Hi
On 7/3/26 18:29, Pierre Joye wrote:
I like that new Duration, good new APIs. I was following the
discussion and one thing keeps coming to my mind as an API mistake:
public static function fromSeconds(int $seconds, int $nanoseconds = 0)
Let me break down my thinking:
fromSeconds implies I'm setting a duration in seconds. But there are
two arguments — the second is nanoseconds, and milliseconds isn't
representable at all. The name promises one unit and the signature
quietly provides another.
Please see https://news-web.php.net/php.internals/131419; and the fourth
paragraph in the “design considerations”.
The $nanoseconds argument in the `fromSeconds()` constructor is
intentionally limited to “the number of nanoseconds in a second” which
means that the constructor can be reasoned about taking (fractional)
seconds - the base unit of Durations - as a fixed point decimal. I do
not consider this a break in the promise.
That's correct, but I don't think it applies here. The fromSeconds
issue is a naming defect regardless of language: the method name
promises "seconds" and the signature quietly also takes nanoseconds.
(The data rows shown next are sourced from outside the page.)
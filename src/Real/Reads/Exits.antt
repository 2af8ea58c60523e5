-- ===== src/Real/Reads/Exits.antt =====
-- A pending exit as the real client reads it, given back to its writes
-- (packages/vault-client/src/real.ts, backend/src/tools/vault.ts).
use sorosense.Base.{ℕ, String, Option, some, ◌≡◌, refl, ap}
use sorosense.Int.{ℤ, pos}
use sorosense.Seam.{Currency, Address, PoolId, ExitProposal}
use sorosense.Vault.Submit.{propose_call, approve_call}
use sorosense.Real.{
  PoolEnv, BindingsCurrency, usd_tag, eur_tag, mxn_tag, to_bindings_currency,
  from_bindings_currency, build_pool_registry, build_pool_id_resolver, pool_address, pool_id,
  propose_b, approve_b, keeper_tx, depositor_tx, real_write,
}
use sorosense.Real.Pools.{pool_id_resolves}
use sorosense.Real.Reads.{
  BindingsExitProposal, from_bindings_exit_proposal, BindingsReads, real_pending_exit,
}
use mathlib.Core.Option

to_bindings_currency-from_bindings_currency :
    (b : BindingsCurrency) → to_bindings_currency (from_bindings_currency b) ≡ b
to_bindings_currency-from_bindings_currency usd_tag = refl
to_bindings_currency-from_bindings_currency eur_tag = refl
to_bindings_currency-from_bindings_currency mxn_tag = refl

module _ (env : PoolEnv) (print : ℕ → String) (parse : String → Option ℤ) where
  -- When the contract has a pending exit whose two pools are ones that the registry resolves, and the
  -- text of its id parses back to the id, `pendingExit` of the real client gives a proposal that,
  -- proposed again, names the same currency and the same two addresses to the contract and, approved,
  -- the same id.
  pub pending_exit_round_trip :
      (reads : BindingsReads) (c : Currency) (b : BindingsExitProposal) (from to : PoolId)
      (d : Address)
      → parse (print b.id) ≡ some (pos b.id)
      → reads.pending_exit (to_bindings_currency c) ≡ some (some b)
      → pool_address (build_pool_registry env) from ≡ some b.from_pool
      → pool_address (build_pool_registry env) to ≡ some b.to_pool
      → (e : ExitProposal) × (real_pending_exit
            (build_pool_registry env)
            (build_pool_id_resolver env)
            print
            reads
            c
          ≡ some (some e))
        × (real_write
              (build_pool_registry env)
              parse
              (propose_call e.currency e.from_pool e.to_pool)
            ≡ some (keeper_tx (propose_b b.currency b.from_pool b.to_pool)))
        × (real_write (build_pool_registry env) parse (approve_call d e.id)
            ≡ depositor_tx (approve_b d (pos b.id)))
  unfolding real_pending_exit from_bindings_exit_proposal real_write
  pending_exit_round_trip reads c b from to d parses pending at_from at_to = (
    from_bindings_exit_proposal print (pool_id (build_pool_id_resolver env)) b,
    ap
        (Option.map
          (Option.map (from_bindings_exit_proposal print (pool_id (build_pool_id_resolver env)))))
        pending,
    rw (pool_id_resolves env from b.from_pool at_from) (
        rw (pool_id_resolves env to b.to_pool at_to)
          (rw (to_bindings_currency-from_bindings_currency b.currency))),
    rw parses,
  )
As mentioned above, the $nanoseconds parameter is intentionally limited,
making the constructor consistent with the other constructors in that
the “unit that is mentioned in the name” may overflow into the larger
units to allow construction with the desired precision in a way that
makes sense for the given use case.
Extending this pattern to e.g. `fromMinutes()` would result in
`fromMinutes($minutes, $seconds = 0)` with $seconds being limited to 59.
However in the other direction, `fromMilliseconds($milliseconds,
$microseconds = 0)`, with $microseconds <= 999 would feel weird, because
one wouldn’t say 5 milliseconds and 500 microseconds, when they can just
move the comma and say 5500 microseconds.
The seconds boundary is where the units shift from a “metric” factor of
1000 to a factor of 60. Thus the special handling.
PHP already supports named arguments, giving us the same clarity as
Temporal object literal without borrowing any JS syntax:
Duration::from(seconds: -30, nanoseconds: -500);
Duration::from(seconds: -30, nanoseconds: 500); // error
Duration::from(seconds: 30, nanoseconds: 500).negate();
A single ::from() with named arguments would be unambiguous, easy to
remember, and remove the need for the whole family of from<Unit>
A design goal of the constructors was that they are injective functions,
i.e. there must be at most one way of creating a Duration with a
specific length from any given constructor. This is in order to make it
easy to reason about the resulting value, without needing to perform
(mental) calculations.
i.e. Duration::from(seconds: 1, milliseconds: 1500) would misleadingly
look “between 1 and 2 seconds” at a glance. But when each of the
“subunits” are restricted in magnitude, it would be very inconvenient to
construct values with the appropriate precision, because it would
require splitting inputs across the different parameters.
btw, also you mentioned Java's time package as the closest thing to
DatetimeImmutable etc. I find that package a pain to use for 99% of
usages, if not 100%. It is not that I want to say php is not java.
However, in the current specific situation, I would totally mention
that :)
The Duration class is taking inspiration from Java, Rust, Golang, and
JavaScript, but is not a direct copy of any of these. I would expect the
same from any future scope additions to the new “time and date” API.
I'm also confident that we will manage to build an API that stay true to
PHP being a pragmatic language, while at the same time being correct and
powerful enough to correctly model complex use cases.